Have you ever experienced a time when you’re just not functioning at full capacity? When your eye lids feel heavy - and it's not bedtime? When you need the full power of your brain, but your thinking is cloudy? Or when you need to stay calm but you're feeling frazzled or stressed? Me, too. And, when I do, I take a brief power nap.
Perhaps you're thinking....people who take naps are lazy. Or maybe they're just for babies and the elderly.
Keep reading and you'll discover that isn't true.
The Benefits of Naps
There is quite a lot of research that shows that napping can help to increase focus and attention – and reduce incidences of micro-sleep episodes (where someone might nod off for a micro-second) – dangerous for truck drivers, pilots, and surgeons.
This article in Fast Company does a great job of describing how sleep (and naps) can help reboot the brain.
In fact, think back to a time when you needed to reboot your computer reboot. When your computer was spazzing out – freezing up, the cursor disappears…or some other funky things happened. Isn't it amazing how just shutting down the computer and rebooting it work to get it running smoothly once again?
For me, a short shut eye period, especially mid-afternoon, works the same way for your energy, focus, and productivity.
Do naps make you feel worse afterwards? More tired? Groggy?
Then, stick with me as I share powerful strategies to get the best out of a 10-minute shut-eye.
How to Avoid the Post-Nap Grogginess
Here are eight guidelines to help you make the shut-down time more refreshing:
Short naps are best. Naps should be brief - just 10-20 minutes long. That's because when you sleep, your body and brain goes through 90-minute sleep cycles. If you nap too long, you'll progress from that initial light sleep stage into a deep sleep. And, you want to avoid that. Waking from a deep sleep will make you feel very groggy.
Get a good night's sleep. The more sleep-deprived, the faster you’ll fall into a deep sleep…and wake up feeling groggy. So it's critical to keep your naps to the short time. Maybe closer to 10 minutes, rather than 20.
Set an alarm. While regular nappers tend to wake naturally, if power napping is new to you, you might need to set an alarm. That's to make sure you don't fall into that deep sleep stage.
- Get comfy. Many people nap on a comfy chair while others stretch out on the floor. Or you could just put your head down on your desk. I’ve often gone down to the parking garage during my lunch hour, drop the seat, and taken a nap there.
Best time to nap is 1-3PM. Naps are best taken when your body clock is at its lowest (when you’re most tired). This is often around 1-3PM, but it may be earlier.
Avoid naps after 4PM. Research suggests that late naps may make it difficult to fall asleep quickly in the evening - leading to a poor night's sleep.

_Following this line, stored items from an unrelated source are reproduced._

-- ===== src/Hall/Leave/Replaced.antt =====
-- What leaving a room comes to, by what the copying loop gives.
use jira_game.Base.{
  ==_refl, >>=-eq-some, Bool, Bool-cases, List, Option, [], ap, arith, false, if◌then◌else◌, inc32,
  inl, inr, keep, none, not, refl, some, some_inj, subst, sym, true, ℕ, ◌++◌, ◌==◌, ◌>>=◌, ◌∙◌, ◌∷◌,
  ◌≡◌,
}
use jira_game.Proto.{PlayerInfo, RoomInfo}
use jira_game.Cache.{
  Cache, Entity, check_entity_room_is_only, entity_room_remove_member, find_entity_room, get_entity,
  set_role_info,
}
use jira_game.Hall.Leave.{
  close_room, depart, depart_room, leave_others, leaver_info, left_reply, promote_entity,
  replace_room, room_after, set_idle, stayers, take_control,
}
use jira_game.World.{World, on_cache}
use jira_game.Cache.Laws.{
  find_entity_room-create_room, find_entity_room-remove, find_entity_room-set_role_info,
}
use jira_game.JiraEvent.{send_all}
use jira_game.JiraEvent.Laws.{deliveries, send_all-cache, send_all-sent}
use jira_game.Hall.Replies.{hall_packet, sockets}

-- Without a change of control the loop only leaves out the leaver's role; with one, the first that
-- stays gets the control, the others are copied, and the reply names the new controller.
pub stayers_control :
    (role : ℕ) (ps : List PlayerInfo)
    → let others = keep (λ p. not (p.role_id == role)) ps in
      (stayers role false ps ≡ (others, none))
      × (stayers role true ps
          ≡ elim others [ [] ↦ ([], none) | q ∷ qs ↦ (take_control q ∷ qs, some (take_control q)) ])
unfolding stayers
stayers_control role [] = (refl, refl)
stayers_control role (p ∷ ps) = elim (Bool-cases (p.role_id == role)) [
  | inl gone ↦ rw gone (stayers_control role ps)
  | inr here ↦ rw here (ground (arith, stayers_control role ps))
]

pub is_only_of_none :
    (id : ℕ) (c : Cache) → find_entity_room id c ≡ none → check_entity_room_is_only id c ≡ true
unfolding check_entity_room_is_only find_entity_room
is_only_of_none id c h = rw (h, check_entity_room_is_only) refl

free_after_remove :
    (id : ℕ) (c : Cache) → check_entity_room_is_only id (entity_room_remove_member id c) ≡ true
free_after_remove id c =
    is_only_of_none id _ (rw (find_entity_room-remove id id c, ==_refl id) refl)

-- The new room stands in the place of the old one, and no other room is touched.
pub find_entity_room-replace_room :
    (j id : ℕ) (room : RoomInfo) (c : Cache)
    → find_entity_room j (replace_room id room c)
      ≡ (if id == j then some room else find_entity_room j c)
unfolding replace_room
find_entity_room-replace_room j id room c = elim (Bool-cases (id == j)) [
  | inl same ↦
      rw
        (
          find_entity_room-create_room j id room (entity_room_remove_member id c),
          same,
          free_after_remove id c,
        )
        refl
  | inr other ↦
      rw
        (
          find_entity_room-create_room j id room (entity_room_remove_member id c),
          find_entity_room-remove j id c,
          other,
        )
        refl
]

-- The players that stay, and the one of them that is given the control.
abbrev staying : PlayerInfo → RoomInfo → List PlayerInfo × Option PlayerInfo
staying me room = stayers me.role_id me.is_room_ctl room.players

-- The test of the source for the last member: all places are free but one.
abbrev pub is_last : RoomInfo → Bool
is_last room = room.person_count == inc32 room.free_person_count

-- How leaving ends, for a player whose `PlayerInfo` is `me` in the room. With the last free place
-- the room is removed and nothing is sent. Otherwise the room is replaced by a copy without the
-- leaver and with one more free place; each member that stays and has an observer is sent the
-- leaver and the new controller, if there is one.
pub record Replaced (s : ℕ) (me : PlayerInfo) (room : RoomInfo) (w w' : World) : Type 0 where
  pub rooms :
      (j : ℕ)
      → find_entity_room j w'.cache ≡ (
          if me.room_id == j
          then if is_last room then none else some (room_after room (staying me room).0)
          else find_entity_room j w.cache)
  pub told : w'.sent ≡ (
      if is_last room
      then w.sent
      else w.sent
        ++ deliveries w.listeners
            (hall_packet (left_reply (leaver_info me) (staying me room).1))
            (sockets (staying me room).0))

promote_entity-rooms :
    (heir : Option PlayerInfo) (c c' : Cache) (j : ℕ)
    → promote_entity heir c ≡ some c'
    → find_entity_room j c' ≡ find_entity_room j c
unfolding promote_entity
promote_entity-rooms none c c' j h = ap (find_entity_room j) (sym (some_inj h))
promote_entity-rooms (some p) c c' j h =
    let (_, _, e) = >>=-eq-some (get_entity p.socket c) _ h in
    ap (find_entity_room j) (sym (some_inj e))
    ∙ find_entity_room-set_role_info j p.socket take_control c

closed-Replaced :
    (s : ℕ) (me : PlayerInfo) (room : RoomInfo) (w : World)
    → is_last room ≡ true
    → Replaced s me room w (on_cache (close_room s me.room_id) w)
unfolding close_room
closed-Replaced s me room w last = record {
  rooms = λ j.
      find_entity_room-set_role_info j s set_idle _
      ∙ rw (find_entity_room-remove j me.room_id w.cache, last) refl;
  told = rw last refl;
}

kept-Replaced :
    (s : ℕ) (me : PlayerInfo) (room : RoomInfo) (w w' : World)
    → is_last room ≡ false
    → leave_others s me room (staying me room).0 (staying me room).1 w ≡ some w'
    → Replaced s me room w w'
unfolding leave_others
kept-Replaced s me room w w' more h =
    let (c, he, e) = >>=-eq-some (promote_entity (staying me room).1 w.cache) _ h in
    subst (Replaced s me room w) (some_inj e) (kept_at c he)
  where
    kept_at :
        (c : Cache)
        → promote_entity (staying me room).1 w.cache ≡ some c
        → Replaced s me room w (
            send_all
              (sockets (staying me room).0)
              (hall_packet (left_reply (leaver_info me) (staying me room).1))
              (record w {
                cache =
                    replace_room me.room_id
                      (room_after room (staying me room).0)
                      (set_role_info s set_idle c);
              }))
    kept_at c he = record {
      rooms = λ j.
          ap (find_entity_room j) (send_all-cache _ _ _)
          ∙ find_entity_room-replace_room j me.room_id _ _
          ∙ rw
              (
                find_entity_room-set_role_info j s set_idle c,
                promote_entity-rooms (staying me room).1 w.cache c j he,
                more,
              )
              refl;
      told = send_all-sent _ _ _ ∙ rw more refl;
    }

pub depart_found :
    (s : ℕ) (e : Entity) (room : RoomInfo) (w : World)
    → get_entity s w.cache ≡ some e
    → find_entity_room e.role_info.room_id w.cache ≡ some room
    → depart s w ≡ depart_room s e.role_info room w
unfolding depart
depart_found s e room w he hr = rw (he, ◌>>=◌, hr) refl

pub depart_room-Replaced :
    (s : ℕ) (me : PlayerInfo) (room : RoomInfo) (w w' : World)
    → depart_room s me room w ≡ some w'
    → Replaced s me room w w'
unfolding depart_room
depart_room-Replaced s me room w w' h = elim (Bool-cases (is_last room)) [
  | inl last ↦
      let k : some (on_cache (close_room s me.room_id) w) ≡ some w' = rw last at h in
      subst (Replaced s me room w) (some_inj k) (closed-Replaced s me room w last)
  | inr more ↦ kept-Replaced s me room w w' more (rw more at h)
]

pub depart-Replaced :
    (s : ℕ) (e : Entity) (room : RoomInfo) (w w' : World)
    → get_entity s w.cache ≡ some e
    → find_entity_room e.role_info.room_id w.cache ≡ some room
    → depart s w ≡ some w'
    → Replaced s e.role_info room w w'
depart-Replaced s e room w w' he hr h =
    depart_room-Replaced s e.role_info room w w' (sym (depart_found s e room w he hr) ∙ h)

Cut your day into two. While the recommendation is to avoid late naps, I've heard numerous stories of people who strategically nap as a bridge from work to home. One guy told me he pulls the car into the garage, turns off the car, and takes a brief nap to recharge for the evening routine. And, the kids know not to disturb Daddy during these daily routine. Another woman is on the road most of the time -oftentimes in different countries on different days. And has work/social engagements most evenings. So, she gets back to the hotel at 5PM for a 20-minute nap around 5PM. She then showers and gets redressed for the evening function. She told me the nap makes her feels like it's a new day.
Drink caffeine BEFORE the nap. Most people take a short nap, THEN drink some caffeine to help them with the grogginess afterwards. But since it takes 30-45 minutes for caffeine to peak in your bloodstream, it’s actually a good idea to drink the caffeine first, THEN take your shut-eye…you’ll wake up more refreshed because the caffeine is peaking when you wake.
Granted, naps are just one tool in the toolbox to reboot your energy, but a power nap can be powerful. Try it and let me know what you think.